§ **YOUR GOAL**
Only these lines are needed: the first line of the entries below through the line with "abbrev pub offers", each returned exactly.
=-=-=-=-=
-- ===== src/Keys/Lifetimes.antt =====
-- The lifetimes that web/app/settings/keys/page.tsx offers.
use clawhum.Prelude.{
  ℕ, ◌≤◌, Bool, true, false, not, ◌&&◌, ◌||◌, Option, none, some, List, [], ◌∷◌, ◌++◌,
  if◌then◌else◌, ltb, leb, ◌==◌, any, any-append, filter, ◌⊎◌, ◌≡◌, refl, arith,
}
use clawhum.Prelude.Text.{Text, codes}
use clawhum.Keys.{
  KeyPolicy, Ttl, days, never, TtlChoice, choices_under, is_days, at_most, base_choices, cap_of,
  ttl_choices, ttl_of_policy,
}

abbrev pub is_never : TtlChoice → Bool
is_never c = elim c.value [ days m ↦ false | never ↦ true ]

-- Is the lifetime one of those offered?
abbrev pub offers : List TtlChoice → Ttl → Bool
offers cs (days n) = any (is_days n) cs
offers cs never = any is_never cs

-- The lifetimes without a cap.
abbrev pub is_base : ℕ → Bool
is_base n = any (is_days n) base_choices

any-filter-at_most :
    (n cap : ℕ) (cs : List TtlChoice)
    → any (is_days n) (filter (at_most cap) cs) ≡ (any (is_days n) cs && leb n cap)
any-filter-at_most n cap [] = refl
any-filter-at_most n cap (c ∷ cs) = ground (arith, any-filter-at_most n cap cs)

never-filter-at_most :
    (cap : ℕ) (cs : List TtlChoice) → any is_never (filter (at_most cap) cs) ≡ false
never-filter-at_most cap [] = refl
never-filter-at_most cap (c ∷ cs) = ground (arith, never-filter-at_most cap cs)

offers-choices_under :
    (number_text : ℕ → Text) (cap n : ℕ) (base : List TtlChoice)
    → any (is_days n) (choices_under number_text cap base) ≡ (
        if ltb 0 cap then (any (is_days n) base && leb n cap) || n == cap else any (is_days n) base)
unfolding choices_under
offers-choices_under number_text cap n base = ground (
  arith,
  any-append (is_days n) base (record { value = never; label = codes "never" } ∷ []),
  any-append (is_days n) (filter (at_most cap) base) (
      record { value = days cap; label = codes "in " ++ (number_text cap ++ codes " days (max)") }
      ∷ []),
  any-filter-at_most n cap base,
  any-filter-at_most cap cap base,
)

never-choices_under :
    (number_text : ℕ → Text) (cap : ℕ) (base : List TtlChoice)
    → any is_never base ≡ false
    → any is_never (choices_under number_text cap base) ≡ not (ltb 0 cap)
unfolding choices_under
never-choices_under number_text cap base h = ground (
  arith,
  any-append is_never base (record { value = never; label = codes "never" } ∷ []),
  any-append is_never (filter (at_most cap) base) (
      record { value = days cap; label = codes "in " ++ (number_text cap ++ codes " days (max)") }
      ∷ []),
  never-filter-at_most cap base,
)

-- Under a cap, the lifetimes offered are the usual ones up to the cap and the cap itself, and "never"
-- is not offered; without one, they are the usual ones and "never".
pub offers-ttl_choices :
    (number_text : ℕ → Text) (policy : Option KeyPolicy)
    → let cs = ttl_choices number_text policy in
      ((n : ℕ)
        → offers cs (days n) ≡ (
            if ltb 0 (cap_of policy)
            then (is_base n && leb n (cap_of policy)) || n == cap_of policy
            else is_base n))
      × (offers cs never ≡ not (ltb 0 (cap_of policy)))
unfolding ttl_choices
offers-ttl_choices number_text policy = (
  λ n. offers-choices_under number_text (cap_of policy) n base_choices,
  never-choices_under number_text (cap_of policy) base_choices refl,
)

-- When a policy arrives, the lifetime it chooses is one of those offered, provided that its default
-- is 0 (and the lifetime chosen before was offered without a cap), or the cap, or a usual lifetime
-- that the cap allows.
pub ttl_of_policy-offered :
    (number_text : ℕ → Text) (p : KeyPolicy) (chosen : Ttl)
    → offers (ttl_choices number_text none) chosen ≡ true
    → (p.default_ttl_days ≡ 0)
      ⊎ (p.default_ttl_days ≡ p.max_ttl_days)
      ⊎ ((is_base p.default_ttl_days ≡ true)
          × ((p.max_ttl_days ≡ 0) ⊎ (p.default_ttl_days ≤ p.max_ttl_days)))
    → offers (ttl_choices number_text (some p)) (ttl_of_policy p chosen) ≡ true
unfolding ttl_of_policy
ttl_of_policy-offered number_text p (days n) h d = ground (
  arith,
  (offers-ttl_choices number_text none).0 n,
  (offers-ttl_choices number_text (some p)).0 n,
  (offers-ttl_choices number_text (some p)).0 p.default_ttl_days,
  (offers-ttl_choices number_text (some p)).0 p.max_ttl_days,
)
ttl_of_policy-offered number_text p never h d = ground (
  arith,
  (offers-ttl_choices number_text (some p)).1,
  (offers-ttl_choices number_text (some p)).0 p.default_ttl_days,
  (offers-ttl_choices number_text (some p)).0 p.max_ttl_days,
)
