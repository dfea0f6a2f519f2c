-- ===== src/Query.antt =====
-- web/lib/history.ts: `filterMatches` and `sortMatches`.
pub mod Laws
use clawhum.Prelude.{
  ℕ, Bool, true, false, not, ◌&&◌, ◌||◌, Option, none, some, List, [], ◌∷◌, if◌then◌else◌, ltb, leb,
  any, filter, head?, or_else, is_empty,
}
use clawhum.Prelude.Text.{Text, trim, lower, includes}
use clawhum.Prelude.TextSet.{has}
use clawhum.Prelude.Sort.{sort_by}
use clawhum.Model.{StoredMatch, MatchResult}

-- `until` is `Number.POSITIVE_INFINITY` where it is missing.
pub record MatchFilter : Type 0 where
  pub q : Option Text
  pub tags : Option (List Text)
  pub min_score : Option ℕ
  pub since : Option ℕ
  pub until : Option ℕ

-- `m.results[0]?.score ?? 0`
unfoldable pub best_score : List MatchResult → ℕ
best_score [] = 0
best_score (r ∷ _) = r.score

-- `m.ts >= until`
unfoldable pub too_late : Option ℕ → ℕ → Bool
too_late none ts = false
too_late (some u) ts = leb u ts

-- `f.q?.trim().toLowerCase() ?? ""`
unfoldable pub needle : Option Text → Text
needle none = []
needle (some q) = lower (trim q)

-- `text?.toLowerCase().includes(q)`
unfoldable pub text_has : Text → Option Text → Bool
text_has q none = false
text_has q (some t) = includes (lower t) q

-- `!tags || mtags.some(t => tags.has(t))`: an empty list of tags filters nothing.
unfoldable pub tags_pass : Option (List Text) → List Text → Bool
tags_pass none mtags = true
tags_pass (some []) mtags = true
tags_pass (some (t ∷ ts)) mtags = any (has (t ∷ ts)) mtags

unfoldable pub text_pass : Text → StoredMatch → Bool
unfolding text_has
text_pass q m =
    if is_empty q
    then true
    else if includes (lower m.query_id) q
    then true
    else if text_has q m.name
    then true
    else if text_has q m.filename
    then true
    else if any (λ t. includes t q) (or_else m.tags [])
    then true
    else any (λ r. includes (lower r.title) q || includes (lower r.artist) q) m.results

-- The callback of `matches.filter`.
unfoldable pub keeps : MatchFilter → StoredMatch → Bool
unfolding best_score too_late needle tags_pass text_pass
keeps f m =
    if ltb m.ts (or_else f.since 0) || too_late f.until m.ts
    then false
    else if ltb (best_score m.results) (or_else f.min_score 0)
    then false
    else if not (tags_pass f.tags (or_else m.tags []))
    then false
    else text_pass (needle f.q) m

unfoldable pub filter_matches : List StoredMatch → MatchFilter → List StoredMatch
unfolding keeps
filter_matches matches f = filter (keeps f) matches

pub data MatchSort : Type 0 where
  ts_desc ts_asc score_desc score_asc latency_asc latency_desc : MatchSort

-- Each comparison is at most 0.
unfoldable pub in_order : MatchSort → StoredMatch → StoredMatch → Bool
unfolding best_score
in_order ts_desc x y = leb y.ts x.ts
in_order ts_asc x y = leb x.ts y.ts
in_order score_desc x y = leb (best_score y.results) (best_score x.results)
in_order score_asc x y = leb (best_score x.results) (best_score y.results)
in_order latency_asc x y = leb x.elapsed_ms y.elapsed_ms
in_order latency_desc x y = leb y.elapsed_ms x.elapsed_ms

unfoldable pub sort_matches : List StoredMatch → MatchSort → List StoredMatch
unfolding in_order sort_by
sort_matches matches how = sort_by (in_order how) matches
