-- ===== src/MatchesPage.antt =====
-- web/app/matches/page.tsx: the query log, over the store of History.antt, the filters and orders of
-- Query.antt and the tags of Tags.antt.
-- `fits` says whether the storage takes a list of matches, and `now` is the clock's reading; a time
-- before the epoch counts as 0, and no match is that old.
pub mod Pages
pub mod Changes
use clawhum.Prelude.{
  ℕ, zero, suc, ◌+◌, ◌-◌, ◌*◌, ◌/◌, min, max, Bool, true, false, not, Option, none, some, List, [],
  ◌∷◌, ◌++◌, map, if◌then◌else◌, ltb, filter, length, take, drop, is_empty, or_else,
}
use clawhum.Prelude.Text.{Text, codes, text_eq, join}
use clawhum.Prelude.TextSet.{has}
use clawhum.Model.{StoredMatch}
use clawhum.History.{Browser, Patch, load_matches, update_match, delete_match, clear_matches}
use clawhum.Query.{MatchFilter, MatchSort, filter_matches, sort_matches}
use clawhum.Tags.{normalise_tags}
use clawhum.Keys.Handlers.{split_parts}

abbrev pub page_size : ℕ
page_size = 25

-- `RANGE_PRESETS` by their ids: all, 24h, 7d and 30d.
pub data RangePreset : Type 0 where
  all_time last_day last_week last_month : RangePreset

unfoldable pub preset_ms : RangePreset → ℕ
preset_ms all_time = 0
preset_ms last_day = 24 * 3600000
preset_ms last_week = 7 * 86400000
preset_ms last_month = 30 * 86400000

pub record MatchesPage : Type 0 where
  pub browser : Browser
  pub items : Option (List StoredMatch)
  pub q : Text
  pub active_tags : List Text
  pub min_score : ℕ
  pub range : RangePreset
  pub sort : MatchSort
  pub page : ℕ
  pub renaming : Option Text
  pub rename_draft : Text
  pub tagging : Option Text
  pub tag_draft : Text

unfoldable pub page_filter : ℕ → MatchesPage → MatchFilter
unfolding preset_ms
page_filter now p = record {
  q = some p.q;
  tags = some p.active_tags;
  min_score = some p.min_score;
  since = if ltb 0 (preset_ms p.range) then some (now - preset_ms p.range) else none;
  until = none;
}

unfoldable pub filtered : ℕ → MatchesPage → List StoredMatch
unfolding page_filter filter_matches sort_matches
filtered now p = elim p.items [
  | none ↦ []
  | some ms ↦ sort_matches (filter_matches ms (page_filter now p)) p.sort
]

-- `Math.max(1, Math.ceil(n / PAGE_SIZE))`
unfoldable pub total_pages : ℕ → ℕ
total_pages n = max 1 ((n + (page_size - 1)) / page_size)

-- `filtered.slice(start, start + PAGE_SIZE)` of page `k`.
unfoldable pub page_slice : ℕ → List StoredMatch → List StoredMatch
page_slice k ms = take page_size (drop ((k - 1) * page_size) ms)

unfoldable pub visible : ℕ → MatchesPage → List StoredMatch
unfolding filtered total_pages page_slice
visible now p = let ms = filtered now p in page_slice (min p.page (total_pages (length ms))) ms

-- A change of a filter or of the order, with the effect that goes back to page 1.
unfoldable pub set_filters :
    Text → List Text → ℕ → RangePreset → MatchSort → MatchesPage → MatchesPage
set_filters q tags score range sort p = record p {
  q = q;
  active_tags = tags;
  min_score = score;
  range = range;
  sort = sort;
  page = 1;
}

-- `toggleTag`, with the same effect.
unfoldable pub toggle_tag : Text → MatchesPage → MatchesPage
toggle_tag t p = record p {
  active_tags =
      if has p.active_tags t
      then filter (λ x. not (text_eq x t)) p.active_tags
      else p.active_tags ++ t ∷ [];
  page = 1;
}

unfoldable pub refresh : MatchesPage → MatchesPage
unfolding load_matches
refresh p = record p { items = some (load_matches p.browser) }

unfoldable pub start_rename : StoredMatch → MatchesPage → MatchesPage
start_rename m p = record p {
  renaming = some m.query_id;
  rename_draft = or_else m.name [];
  tagging = none;
}

unfoldable pub start_tagging : StoredMatch → MatchesPage → MatchesPage
unfolding join
start_tagging m p = record p {
  tagging = some m.query_id;
  tag_draft = join (codes ", ") (or_else m.tags []);
  renaming = none;
}

abbrev pub name_patch : Text → Patch
name_patch draft = record { name = some (some draft); tags = none }

-- The tags of the draft: `normaliseTags` drops the empty parts of the split.
abbrev pub tags_patch : Text → Patch
tags_patch draft = record {
  name = none;
  tags = some (some (map some (normalise_tags (map some (split_parts [] draft)))));
}

module _ (fits : List StoredMatch → Bool) where
  -- An empty id is falsy.
  unfoldable pub commit_rename : MatchesPage → MatchesPage
  unfolding refresh
  commit_rename p = elim p.renaming [
    | none ↦ p
    | some id ↦
        if is_empty id
        then p
        else refresh (record p {
          browser = (update_match fits p.browser id (name_patch p.rename_draft)).0;
          renaming = none;
          rename_draft = [];
        })
  ]

  unfoldable pub commit_tags : MatchesPage → MatchesPage
  unfolding refresh split_parts
  commit_tags p = elim p.tagging [
    | none ↦ p
    | some id ↦
        if is_empty id
        then p
        else refresh (record p {
          browser = (update_match fits p.browser id (tags_patch p.tag_draft)).0;
          tagging = none;
          tag_draft = [];
        })
  ]

  -- `removeOne`, with the answer of `confirm`.
  unfoldable pub remove_one : Bool → Text → MatchesPage → MatchesPage
  unfolding refresh
  remove_one confirmed id p =
      if not confirmed
      then p
      else refresh (record p { browser = (delete_match fits p.browser id).0 })

-- The button "clear", with the answer of `confirm`.
unfoldable pub clear_log : Bool → MatchesPage → MatchesPage
unfolding clear_matches
clear_log confirmed p =
    if not confirmed then p else record p { browser = clear_matches p.browser; items = some [] }
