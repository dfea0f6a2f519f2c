-- ===== src/Tags/Laws.antt =====
-- The tags that `normaliseTags` returns: normal, distinct, and stable under a second call.
use mathlib.Core.List.{append_assoc, append-nil}
use clawhum.Prelude.{
  ℕ, ◌≤◌, Bool, false, not, ◌&&◌, ◌||◌, Option, none, some, List, [], ◌∷◌, ◌++◌, map, is_empty,
  length, All, All-append, All-take, length-take, ◌≡◌, refl, sym, ap, arith, Bool-cases, inl, inr,
  take_of_length-le,
}
use clawhum.Prelude.Text.{
  Text, text_eq, eq_iff, is_space, trim_start, trim_end, trim, lower_unit, lower,
}
use clawhum.Prelude.TextSet.{has, Distinct, Distinct-snoc, Distinct-middle, has-append}
use clawhum.Tags.{dash_spaces, normal_tag, normalise_from, normalise_tags}

-- A unit that `trim`, `toLowerCase` and the replacement all leave alone.
abbrev pub IsSettled : ℕ → Type 0
IsSettled c = (is_space c ≡ false) × (lower_unit c ≡ c)

lower_unit_idempotent : (c : ℕ) → lower_unit (lower_unit c) ≡ lower_unit c
unfolding lower_unit
lower_unit_idempotent c = ground arith

dash-IsSettled : IsSettled b'-'
unfolding lower_unit is_space
dash-IsSettled = (refl, refl)

lower-fixed : (s : Text) → All (λ c. lower_unit c ≡ c) (lower s)
unfolding lower
lower-fixed [] = tt
lower-fixed (c ∷ s) = (lower_unit_idempotent c, lower-fixed s)

dash_spaces-IsSettled :
    (inside : Bool) (s : Text)
    → All (λ c. lower_unit c ≡ c) s
    → All IsSettled (dash_spaces inside s)
unfolding dash_spaces
dash_spaces-IsSettled inside [] h = tt
dash_spaces-IsSettled inside (c ∷ s) (e, h) = elim (Bool-cases (is_space c)) [
  | inl sp ↦
      let rest = dash_spaces-IsSettled (is_space c) s h in
      elim (Bool-cases inside) [
        | inl i ↦ rw (sp, i) (rw sp at rest)
        | inr i ↦ rw (sp, i) (dash-IsSettled, (rw sp at rest))
      ]
  | inr sp ↦ let rest = dash_spaces-IsSettled (is_space c) s h in rw sp ((sp, e), (rw sp at rest))
]

-- The text of a tag: settled units, 32 at most.
pub normal_tag-IsSettled : (s : Text) → All IsSettled (normal_tag s) × (length (normal_tag s) ≤ 32)
unfolding normal_tag
normal_tag-IsSettled s = (
  All-take IsSettled 32 _ (dash_spaces-IsSettled false _ (lower-fixed (trim s))),
  omega (arith, length-take {0} 32 (dash_spaces false (lower (trim s)))),
)

trim_start-settled : (s : Text) → All IsSettled s → trim_start s ≡ s
unfolding trim_start
trim_start-settled [] h = refl
trim_start-settled (c ∷ s) ((e, _), h) = rw e

trim_end-settled : (s : Text) → All IsSettled s → trim_end s ≡ s
unfolding trim_end
trim_end-settled [] h = refl
trim_end-settled (c ∷ s) ((e, _), h) = rw (e, trim_end-settled s h)

lower-settled : (s : Text) → All IsSettled s → lower s ≡ s
unfolding lower
lower-settled [] h = refl
lower-settled (c ∷ s) ((_, e), h) = rw (e, lower-settled s h)

dash_spaces-settled : (inside : Bool) (s : Text) → All IsSettled s → dash_spaces inside s ≡ s
unfolding dash_spaces
dash_spaces-settled inside [] h = refl
dash_spaces-settled inside (c ∷ s) ((e, _), h) = rw (e, dash_spaces-settled false s h)

normal_tag-settled : (s : Text) → All IsSettled s → length s ≤ 32 → normal_tag s ≡ s
unfolding normal_tag trim
normal_tag-settled s h k = rw (
  trim_start-settled s h,
  trim_end-settled s h,
  lower-settled s h,
  dash_spaces-settled false s h,
  take_of_length-le 32 s k,
)

-- What a returned tag is.
abbrev pub IsTag : Text → Type 0
IsTag v = (is_empty v ≡ false) × (normal_tag v ≡ v) × (length v ≤ 32)

normal_tag-IsTag : (s : Text) → is_empty (normal_tag s) ≡ false → IsTag (normal_tag s)
normal_tag-IsTag s h =
    let (settled, short) = normal_tag-IsSettled s in (h, normal_tag-settled _ settled short, short)

-- `seen` and `out` hold the same tags throughout the loop.
normalise_from-IsTag :
    (out : List Text) (tags : List (Option Text))
    → All IsTag out × Distinct out
    → All IsTag (normalise_from out out tags) × Distinct (normalise_from out out tags)
unfolding normalise_from
normalise_from-IsTag out [] h = h
normalise_from-IsTag out (none ∷ tags) h = normalise_from-IsTag out tags h
normalise_from-IsTag out (some raw ∷ tags) h =
    elim (Bool-cases (is_empty raw || is_empty (normal_tag raw) || has out (normal_tag raw))) [
      | inl skip ↦ rw skip (normalise_from-IsTag out tags h)
      | inr fresh ↦ rw fresh (
          normalise_from-IsTag (out ++ normal_tag raw ∷ []) tags (
            All-append IsTag out _ h.0 (normal_tag-IsTag raw (ground arith), tt),
            Distinct-snoc out (normal_tag raw) (ground arith) h.1,
          ))
    ]

-- Normal tags that are distinct go through unchanged.
normalise_from-tags :
    (out tags : List Text)
    → All IsTag tags
    → Distinct (out ++ tags)
    → normalise_from out out (map some tags) ≡ out ++ tags
unfolding normalise_from
normalise_from-tags out [] h d = sym (append-nil out)
normalise_from-tags out (t ∷ tags) ((full, same, _), h) d =
    let keep : (is_empty t || is_empty (normal_tag t) || has out (normal_tag t)) ≡ false =
      rw same (ground (arith, Distinct-middle out t tags d)) in
    rw (
      normalise_from,
      keep,
      same,
      normalise_from-tags (out ++ t ∷ []) tags h (rw append_assoc d),
      append_assoc,
    )

-- Does the list hold a tag that is stored as `v`?
abbrev pub names_tag : Text → List (Option Text) → Bool
names_tag v [] = false
names_tag v (none ∷ tags) = names_tag v tags
names_tag v (some raw ∷ tags) =
    (not (is_empty raw) && not (is_empty (normal_tag raw)) && text_eq (normal_tag raw) v)
    || names_tag v tags

has-normalise_from :
    (v : Text) (out : List Text) (tags : List (Option Text))
    → has (normalise_from out out tags) v ≡ (has out v || names_tag v tags)
unfolding normalise_from
has-normalise_from v out [] = ground arith
has-normalise_from v out (none ∷ tags) = has-normalise_from v out tags
has-normalise_from v out (some raw ∷ tags) =
    elim (Bool-cases (is_empty raw || is_empty (normal_tag raw) || has out (normal_tag raw))) [
      | inl skip ↦
          rw (skip, has-normalise_from v out tags)
            (elim (Bool-cases (text_eq (normal_tag raw) v)) [
              | inl e ↦
                  let same = (eq_iff (normal_tag raw) v).0 e in ground (arith, ap (has out) same)
              | inr e ↦ rw e (ground arith)
            ])
      | inr fresh ↦
          rw (fresh, has-normalise_from v (out ++ normal_tag raw ∷ []) tags, has-append)
            (ground arith)
    ]

-- Every tag that `normaliseTags` returns is nonempty, at most 32 units long and unchanged by a
-- second normalisation, and no tag is returned twice.
pub normalise_tags-IsTag :
    (tags : List (Option Text)) → All IsTag (normalise_tags tags) × Distinct (normalise_tags tags)
unfolding normalise_tags
normalise_tags-IsTag tags = normalise_from-IsTag [] tags (tt, tt)

-- A tag is returned exactly when a nonempty entry of the input normalises to it.
pub has-normalise_tags :
    (v : Text) (tags : List (Option Text)) → has (normalise_tags tags) v ≡ names_tag v tags
unfolding normalise_tags
has-normalise_tags v tags = has-normalise_from v [] tags

-- Normalising a list of tags a second time changes nothing.
pub normalise_tags_idempotent :
    (tags : List (Option Text))
    → normalise_tags (map some (normalise_tags tags)) ≡ normalise_tags tags
normalise_tags_idempotent tags =
    let (normal, distinct) = normalise_tags-IsTag tags in
    fixed (normalise_tags tags) normal distinct
  where
    fixed : (ts : List Text) → All IsTag ts → Distinct ts → normalise_tags (map some ts) ≡ ts
    fixed ts h d = unfold normalise_tags in normalise_from-tags [] ts h d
=-=-=-=-=
§ **FINISHED TASK**
-- ===== src/Keys/Lifetimes.antt =====
-- The lifetimes that web/app/settings/keys/page.tsx offers.
use clawhum.Prelude.{
  ℕ, ◌≤◌, Bool, true, false, not, ◌&&◌, ◌||◌, Option, none, some, List, [], ◌∷◌, ◌++◌,
  if◌then◌else◌, ltb, leb, ◌==◌, any, any-append, filter, ◌⊎◌, ◌≡◌, refl, arith,
}
use clawhum.Prelude.Text.{Text, codes}
use clawhum.Keys.{
  KeyPolicy, Ttl, days, never, TtlChoice, choices_under, is_days, at_most, base_choices, cap_of,
  ttl_choices, ttl_of_policy,
}

abbrev pub is_never : TtlChoice → Bool
is_never c = elim c.value [ days m ↦ false | never ↦ true ]

-- Is the lifetime one of those offered?
abbrev pub offers : List TtlChoice → Ttl → Bool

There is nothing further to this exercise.